= Locanto =

German online classified ads network

Locanto is a worldwide Locanto only network with areas dedicated to jobs, personals, for rent, for sale, services, community, real estate, vehicles, and pets.

== Background ==
The Locanto Classifieds sites are operated by the German startup company Yalwa located in Wiesbaden, Germany. Locanto was launched in July 2006 with a local classifieds site for New York City. One month later, on August 21, 2006, the service was extended to the U.S. cities of Boston, Chicago, Los Angeles and San Francisco. As of 2007, every major U.S. city has its own accessible site for the Locanto classifieds service.
Locanto was created by the German start-up company, Yalwa. Klaus P. Gapp, CEO and founder of Yalwa, previously founded and operated OpusForum.org, a local classifieds site for the German speaking market. OpusForum.org was bought by eBay in 2005 and merged with its classifieds site Kijiji one year later.

== Safety ==
In regards to internet safety, Locanto has established an independent blog on Safer Trading in which safety tips for online trading are shared with users.

=== Mobile and Apps ===
Since February 2010, the Locanto classifieds sites have also been available in mobile version for mobile web users. Browsing and searching classified ads as well as posting a free ad is enabled in the mobile version.
Adsdistrict.in mobile site has been blamed for copying Locanto mobile site.

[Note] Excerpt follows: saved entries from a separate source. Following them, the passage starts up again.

-- ===== src/Learn/Found.antt =====
-- What the filters leave of the lessons.
use mathlib.Core.Path.{subst}
use khulnasoft_lab_vulnmap_l.Prelude.{
  Text, text_eq, text_eq_iff, Bool, true, false, ◌≡◌, refl, sym, ◌⊎◌, inl, inr, List, [], ◌∷◌, All,
  All-append, Any, Bool-cases, if◌then◌else◌,
}
use khulnasoft_lab_vulnmap_l.Learn.{
  Lesson, LessonLookupParams, copies, matches_of, all_matches, filter_lessons_by, has_any,
  filter_cves, filter_lessons,
}

-- One of the wanted values is among the lesson's.
abbrev pub Shares : List Text → List Text → Type 0
Shares wanted values = Any (λ v. Any (λ value. value ≡ v) values) wanted

abbrev pub IsOneOf : List Lesson → Lesson → Type 0
IsOneOf lessons lesson = Any (λ l. l ≡ lesson) lessons

abbrev IsMatch : List Text → (Lesson → List Text) → Lesson → Type 0
IsMatch wanted field lesson = Shares wanted (field lesson)

-- A copy is taken for a value that is there.
copies-All :
    (v : Text) (lesson : Lesson) (P : Lesson → Type 0) (values : List Text)
    → (Any (λ value. value ≡ v) values → P lesson)
    → All P (copies v lesson values)
unfolding copies
copies-All v lesson P [] p = tt
copies-All v lesson P (value ∷ values) p =
    chosen (text_eq value v) refl (copies-All v lesson P values (λ a. p (inr a)))
  where
    chosen :
        (same : Bool)
        → text_eq value v ≡ same
        → All P (copies v lesson values)
        → All P (if same then lesson ∷ copies v lesson values else copies v lesson values)
    chosen true e rest = (p (inl ((text_eq_iff value v).0 e)), rest)
    chosen false e rest = rest

matches_of-All :
    (wanted : List Text) (lesson : Lesson) (P : Lesson → Type 0) (values : List Text)
    → (Shares wanted values → P lesson)
    → All P (matches_of wanted lesson values)
unfolding matches_of
matches_of-All [] lesson P values p = tt
matches_of-All (v ∷ vs) lesson P values p =
    All-append P (copies v lesson values) (matches_of vs lesson values)
      (copies-All v lesson P values (λ a. p (inl a)))
      (matches_of-All vs lesson P values (λ a. p (inr a)))

all_matches-All :
    (wanted : List Text) (field : Lesson → List Text) (P : Lesson → Type 0) (lessons : List Lesson)
    → All (λ l. Shares wanted (field l) → P l) lessons
    → All P (all_matches wanted field lessons)
unfolding all_matches
all_matches-All wanted field P [] h = tt
all_matches-All wanted field P (l ∷ ls) h =
    All-append P (matches_of wanted l (field l)) (all_matches wanted field ls)
      (matches_of-All wanted l P (field l) h.0) (all_matches-All wanted field P ls h.1)

All-map :
    (P Q : Lesson → Type 0) (ls : List Lesson) → ((l : Lesson) → P l → Q l) → All P ls → All Q ls
All-map P Q [] f h = tt
All-map P Q (l ∷ ls) f h = (f l h.0, All-map P Q ls f h.1)

self-IsOneOf :
    (all ls : List Lesson) → ((l : Lesson) → IsOneOf ls l → IsOneOf all l) → All (IsOneOf all) ls
self-IsOneOf all [] f = tt
self-IsOneOf all (l ∷ ls) f = (f l (inl refl), self-IsOneOf all ls (λ m o. f m (inr o)))

-- The lesson has one of the wanted CWEs or CVEs, or no CWE was wanted.
abbrev pub IsWanted : LessonLookupParams → Lesson → Type 0
IsWanted params l = (params.cwes ≡ []) ⊎ (Shares params.cwes l.cwes ⊎ Shares params.cves l.cves)

abbrev IsFound : LessonLookupParams → List Lesson → Lesson → Type 0
IsFound params lessons l = IsOneOf lessons l × IsWanted params l

module _ (params : LessonLookupParams) (lessons : List Lesson) where
  by_cwes :
      (cwes : List Text)
      → params.cwes ≡ cwes
      → All (IsFound params lessons) (filter_lessons_by cwes (λ l. l.cwes) lessons)
  unfolding filter_lessons_by
  by_cwes [] e =
      All-map (IsOneOf lessons) (IsFound params lessons) lessons (λ l o. (o, inl e))
        (self-IsOneOf lessons lessons (λ l o. o))
  by_cwes (v ∷ vs) e =
      all_matches-All (v ∷ vs) (λ l. l.cwes) (IsFound params lessons) lessons
        (All-map (IsOneOf lessons) _ lessons
          (λ l o shares. (o, inr (inl (subst (λ ws. Shares ws l.cwes) (sym e) shares))))
          (self-IsOneOf lessons lessons (λ l o. o)))

  by_cves :
      (cves : List Text) (from : List Lesson)
      → params.cves ≡ cves
      → has_any cves ≡ true
      → All (IsOneOf lessons) from
      → All (IsFound params lessons) (filter_lessons_by cves (λ l. l.cves) from)
  unfolding filter_lessons_by
  by_cves [] from e some_cve h = cc some_cve
  by_cves (v ∷ vs) from e some_cve h =
      all_matches-All (v ∷ vs) (λ l. l.cves) (IsFound params lessons) from
        (All-map (IsOneOf lessons) _ from
          (λ l o shares. (o, inr (inr (subst (λ ws. Shares ws l.cves) (sym e) shares)))) h)

  -- What the filters leave are lessons that they were given, and each of them has the CWE or the CVE
  -- that is looked for, unless no CWE is.
  pub filter_lessons-found :
      All (λ l. IsOneOf lessons l × IsWanted params l) (filter_lessons lessons params)
  unfolding filter_lessons filter_cves
  filter_lessons-found =
      chosen (filter_lessons_by params.cwes (λ l. l.cwes) lessons) (by_cwes params.cwes refl)
        (Bool-cases (has_any params.cves))
    where
      chosen :
          (filtered : List Lesson)
          → All (IsFound params lessons) filtered
          → (has_any params.cves ≡ true) ⊎ (has_any params.cves ≡ false)
          → All (IsFound params lessons) (filter_cves lessons params.cves filtered)
      chosen [] h (inr no_cve) = rw no_cve h
      chosen (l ∷ []) h (inr no_cve) = h
      chosen (l ∷ m ∷ ls) h (inr no_cve) = rw no_cve h
      chosen [] h (inl cve) =
          rw cve (by_cves params.cves lessons refl cve (self-IsOneOf lessons lessons (λ l o. o)))
      chosen (l ∷ []) h (inl cve) = h
      chosen (l ∷ m ∷ ls) h (inl cve) = rw cve (
          by_cves params.cves (l ∷ m ∷ ls) refl cve
            (All-map (IsFound params lessons) (IsOneOf lessons) (l ∷ m ∷ ls) (λ k f. f.0) h))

In 2012, the Locanto iPhone App was launched and in 2014, the Locanto Android App was made available. In 2015, the Locanto Classifieds 2.0 iPhone app was released.

== Criticism ==
In January 2010, several Indian media channels reported a story about Kannada actress Sanchita Padukone's pictures having been misused in a personals services ad on Locanto India, naming Locanto a "porn site".

While there is a dedicated version of this site for the Indian market over 60% of the traffic of the American version of the site comes from India.